Le CICR ainsi que certaines Croix-Rouge, comme la société nationale norvégienne, soutiennent la Croix-Rouge haïtienne à travers la préparation et la formation des volontaires pour mieux appréhender la violence, les enlèvements, les barrages routiers, les agressions verbales. En outre, est prévue dans les prochains mois la fourniture par le CICR d’équipements spécifiques pour les volontaires, allant de bottes de travail renforcées à des casques spécialisés, en passant par des uniformes supplémentaires.

Les Etats doivent s’engager dans une réponse humanitaire

« Le travail des volontaires Croix-Rouge est indispensable pour secourir les victimes dans les rues de Port-au-Prince », souligne Marisela Silva Chau, cheffe de la délégation régionale du CICR pour le Panama et les Caraïbes. « Mais Haïti a besoin de bien plus, tant les besoins humanitaires sont énormes. Les Etats doivent prendre des mesures fermes pour une réponse humanitaire coordonnée et adaptée aux besoins d’une population extrêmement vulnérable ».

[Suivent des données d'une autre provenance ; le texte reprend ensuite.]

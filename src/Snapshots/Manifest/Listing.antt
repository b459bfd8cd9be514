-- ===== src/Snapshots/Manifest/Listing.antt =====
-- Which rows `_build_manifest_rows` gives, by the files and the events at its start.
use browser_visit_logger.Base.{
  Text, Bool, true, false, ◌&&◌, ◌==◌, Option, none, some, List, [], ◌∷◌, ◌≡◌, ◌⊎◌, inl, inr, refl,
  sym, ap, ◌∙◌, arith, text_eq, nat_eq, contains, if◌then◌else◌,
}
use mathlib.Core.Bool.{false≢true}
use mathlib.Core.List.{filter_map}
use mathlib.Core.Option.{Option-elim}
use mathlib.Core.Path.{subst}
use browser_visit_logger.Base.Distinct.{contains-keep}
use browser_visit_logger.Base.Sorting.{contains-sorted}
use browser_visit_logger.Base.Strings.{codes, split, join, tab, newline, text_le}
use browser_visit_logger.Base.Strings.Laws.{Lacks}
use browser_visit_logger.Database.{Db, read, skimmed}
use browser_visit_logger.Files.{Files, is_file, list_dir}
use browser_visit_logger.Names.{is_snapshot_name, log_filename_for, consume, some_then_end}
use browser_visit_logger.Paths.{path_join, basename, normpath}
use browser_visit_logger.Snapshots.Errors.{tsv_sanitise}
use browser_visit_logger.Snapshots.Manifest.{
  Info, lookup_in, manifest_row, manifest_filename, is_candidate, expected_log, snapshot_files,
}
use browser_visit_logger.Snapshots.Manifest.Format.{manifest_line_reads_back}

-- The row is one of the rows.
abbrev pub HasRow : List Text → List (List Text) → Type 0
HasRow r [] = ⊥
HasRow r (x ∷ rows) = (x ≡ r) ⊎ HasRow r rows

-- A regular file of the directory whose name has the format of a snapshot's.
unfoldable pub is_snapshot : Text → Files → Text → Bool
is_snapshot date_subdir fs f =
    contains (list_dir date_subdir fs) f
    && (is_snapshot_name f && is_file (path_join date_subdir f) fs)

abbrev pub or_other : Option Info → Option Info → Option Info
or_other none other = other
or_other (some info) other = some info

-- The event of a file: of `read_events`, or else of `skimmed_events`.
unfoldable pub event_of : Bool → Text → Db → Text → Option Info
event_of by_name date_subdir db f =
    or_other (lookup_in by_name f date_subdir read db) (lookup_in by_name f date_subdir skimmed db)

-- The fields of a file's row.
abbrev pub fields : Text → Info → List Text
fields f info =
    tsv_sanitise f
    ∷ info.tag
    ∷ tsv_sanitise info.timestamp
    ∷ tsv_sanitise info.url
    ∷ tsv_sanitise info.title
    ∷ []

-- The rows of a directory's manifest: every snapshot whose event is found has its row, every row is
-- that of such a snapshot, and a row's line has no newline and gives the fields back at its tabs.
pub record Lists (by_name : Bool) (date_subdir : Text) (fs : Files) (db : Db)
    (rows : List (List Text)) : Type 0 where
  pub each :
      (f : Text) (info : Info)
      → is_snapshot date_subdir fs f ≡ true
      → event_of by_name date_subdir db f ≡ some info
      → HasRow (fields f info) rows
  pub only :
      (r : List Text)
      → HasRow r rows
      → (f : Text) × (info : Info) × (is_snapshot date_subdir fs f ≡ true)
        × (event_of by_name date_subdir db f ≡ some info)
        × (r ≡ fields f info)
  pub one_line :
      (r : List Text)
      → HasRow r rows
      → (split tab (join (tab ∷ []) r) ≡ r) × Lacks newline (join (tab ∷ []) r)

abbrev pub row_if : Text → Option Info → Option (List Text)
row_if f none = none
row_if f (some info) = some (manifest_row f info)

-- The row of a file that `_build_manifest_rows` looks at, if it gets one.
abbrev pub expected_row : Bool → Text → Db → Text → Option (List Text)
expected_row by_name date_subdir db f =
    if is_snapshot_name f then row_if f (event_of by_name date_subdir db f) else none

module _ (g : Text → Option (List Text)) where
  HasRow-filter_map :
      (files : List Text) (f : Text) (r : List Text)
      → contains files f ≡ true
      → g f ≡ some r
      → HasRow r (filter_map g files)
  unfolding filter_map Option-elim
  HasRow-filter_map [] f r h e = absurd (false≢true h)
  HasRow-filter_map (x ∷ files) f r h e = elim (text_eq.dec f x) [
    | yes same ↦ here (g x) (sym (ap g same) ∙ e)
    | no other ↦ there (g x) (HasRow-filter_map files f r (ground arith) e)
  ]
    where
      here :
          (o : Option (List Text))
          → o ≡ some r
          → HasRow r (Option-elim o (filter_map g files) (λ b. b ∷ filter_map g files))
      here none e = absurd (cc)
      here (some b) e = inl (cc)

      there :
          (o : Option (List Text))
          → HasRow r (filter_map g files)
          → HasRow r (Option-elim o (filter_map g files) (λ b. b ∷ filter_map g files))
      there none h = h
      there (some b) h = inr h

  filter_map-HasRow :
      (files : List Text) (r : List Text)
      → HasRow r (filter_map g files)
      → (f : Text) × (contains files f ≡ true) × (g f ≡ some r)
  unfolding filter_map Option-elim
  filter_map-HasRow [] r h = absurd h
  filter_map-HasRow (x ∷ files) r h = one (filter_map-HasRow files r) (g x) refl h
    where
      late :
          (f : Text) × (contains files f ≡ true) × (g f ≡ some r)
          → (f : Text) × (contains (x ∷ files) f ≡ true) × (g f ≡ some r)
      late (f, c, e) = (f, ground arith, e)

      one :
          (HasRow r (filter_map g files) → (f : Text) × (contains files f ≡ true) × (g f ≡ some r))
          → (o : Option (List Text)) → g x ≡ o
          → HasRow r (Option-elim o (filter_map g files) (λ b. b ∷ filter_map g files))
          → (f : Text) × (contains (x ∷ files) f ≡ true) × (g f ≡ some r)
      one rest none e h = late (rest h)
      one rest (some b) e (inl same) = (x, ground arith, e ∙ ap some same)
      one rest (some b) e (inr h) = late (rest h)

-- Neither a manifest nor a log has the name of a snapshot.
other_names :
    (is_snapshot_name manifest_filename ≡ false) × (is_snapshot_name (codes ".DS_Store") ≡ false)
unfolding is_snapshot_name consume some_then_end
other_names = (refl, refl)

log_no_snapshot : (date : Text) → is_snapshot_name (log_filename_for date) ≡ false
unfolding is_snapshot_name consume some_then_end
log_no_snapshot date = refl

differs :
    (f other : Text)
    → is_snapshot_name f ≡ true
    → is_snapshot_name other ≡ false
    → (f == other) ≡ false
differs f other h g = elim (text_eq.dec f other) [
  | yes same ↦ absurd (false≢true (sym g ∙ ap is_snapshot_name (sym same) ∙ h))
  | no apart ↦ ground arith
]

is_candidate-snapshot :
    (fs : Files) (date_subdir f : Text)
    → is_snapshot_name f ≡ true
    → is_candidate fs date_subdir (expected_log date_subdir) f
      ≡ is_file (path_join date_subdir f) fs
unfolding is_candidate expected_log
is_candidate-snapshot fs date_subdir f h = ground (
  arith,
  differs f manifest_filename h other_names.0,
  differs f (codes ".DS_Store") h other_names.1,
  differs f (log_filename_for (basename (normpath date_subdir))) h (log_no_snapshot _),
)

module _ (by_name : Bool) (date_subdir : Text) (fs : Files) (db : Db) where
  snapshot_files-contains :
      (f : Text)
      → is_snapshot_name f ≡ true
      → contains (snapshot_files date_subdir fs) f ≡ is_snapshot date_subdir fs f
  unfolding snapshot_files is_snapshot
  snapshot_files-contains f h =
      contains-sorted text_le f _
      ∙ contains-keep _ (list_dir date_subdir fs) f
      ∙ ap (λ b. contains (list_dir date_subdir fs) f && b)
          (is_candidate-snapshot fs date_subdir f h
            ∙ sym (ap (λ b. b && is_file (path_join date_subdir f) fs) h))

  reads_back :
      (f : Text) (info : Info)
      → event_of by_name date_subdir db f ≡ some info
      → (split tab (join (tab ∷ []) (fields f info)) ≡ fields f info)
        × Lacks newline (join (tab ∷ []) (fields f info))
  unfolding event_of
  reads_back f info h = one (lookup_in by_name f date_subdir read db) refl h
    where
      one :
          (o : Option Info)
          → lookup_in by_name f date_subdir read db ≡ o
          → or_other o (lookup_in by_name f date_subdir skimmed db) ≡ some info
          → (split tab (join (tab ∷ []) (fields f info)) ≡ fields f info)
            × Lacks newline (join (tab ∷ []) (fields f info))
      one none e k = manifest_line_reads_back by_name f date_subdir skimmed db info k
      one (some found) e k = manifest_line_reads_back by_name f date_subdir read db info (e ∙ k)

  -- A row is that of a snapshot whose event is found.
  abbrev Comes : List Text → Type 0
  Comes r =
      (f : Text) × (info : Info) × (is_snapshot date_subdir fs f ≡ true)
      × (event_of by_name date_subdir db f ≡ some info)
      × (r ≡ fields f info)

  comes :
      (r : List Text) (f : Text)
      → contains (snapshot_files date_subdir fs) f ≡ true
      → expected_row by_name date_subdir db f ≡ some r
      → Comes r
  comes r f c e = one (is_snapshot_name f) (event_of by_name date_subdir db f) refl refl e
    where
      one :
          (b : Bool) (o : Option Info)
          → is_snapshot_name f ≡ b
          → event_of by_name date_subdir db f ≡ o
          → (if b then row_if f o else none) ≡ some r
          → Comes r
      one true (some info) h found e = (f, info, sym (snapshot_files-contains f h) ∙ c, found, cc)
      one true none h found e = absurd (cc)
      one false o h found e = absurd (cc)

  pub expected-Lists :
      Lists by_name date_subdir fs db
        (filter_map (expected_row by_name date_subdir db) (snapshot_files date_subdir fs))
  unfolding is_snapshot
  expected-Lists = record {
    each = λ f info s e.
        let h : is_snapshot_name f ≡ true = ground arith in
        HasRow-filter_map (expected_row by_name date_subdir db) (snapshot_files date_subdir fs) f
          (fields f info) (snapshot_files-contains f h ∙ s) (ground (arith, h, e));
    only = λ r h. source r h;
    one_line = λ r h.
        let (f, info, s, e, same) = source r h in
        subst (λ x. (split tab (join (tab ∷ []) x) ≡ x) × Lacks newline (join (tab ∷ []) x))
          (sym same) (reads_back f info e);
  }
    where
      source :
          (r : List Text)
          → HasRow r
              (filter_map (expected_row by_name date_subdir db) (snapshot_files date_subdir fs))
          → Comes r
      source r h =
          let (f, c, e) =
            filter_map-HasRow (expected_row by_name date_subdir db) (snapshot_files date_subdir fs)
              r h in
          comes r f c e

En 2023, à Haïti, le Comité international de la Croix-Rouge a :

  • fourni des kits chirurgicaux pour blessés par arme à six hôpitaux. Chaque kit permet au personnel médical de soigner de 15 à 50 personnes, selon la gravité des blessures.
  • fourni une formation aux premiers secours de deux jours et 255 kits de premiers secours à plus de 290 personnes des quartiers de Cité Soleil et Bas Delmas.
  • équipé trois hôpitaux de casiers pour que les porteurs d’armes puissent stocker leurs armes avant d’entrer dans les locaux et peint des inscriptions murales « pas d’armes » à l’entrée des structures de santé.
  • sensibilisé 45 membres du personnel médical et de santé pour mieux désamorcer les situations de violence.
  • sensibilisé une vingtaine de volontaires du Haut Commissariat aux Réfugiés (HCR) aux comportements à adopter pour atténuer les risques de violence.
  • attenué les risques de propagation de l’épidémie de choléra en distribuant 5 000 savons, 36 000 sels d’hydratation orale et 180 000 comprimés de chlore à 1 700 ménages de Cité Soleil.
  • limité les risques de propagation du choléra dans 18 centres de détention du pays, en collaboration avec Health Through Walls (HTW).
  • soutenu financièremment et logisitiquement le service ambulancier du CDH qui a reçu environ 572 appels et soigné 516 personnes, dont 44 blessées par balle.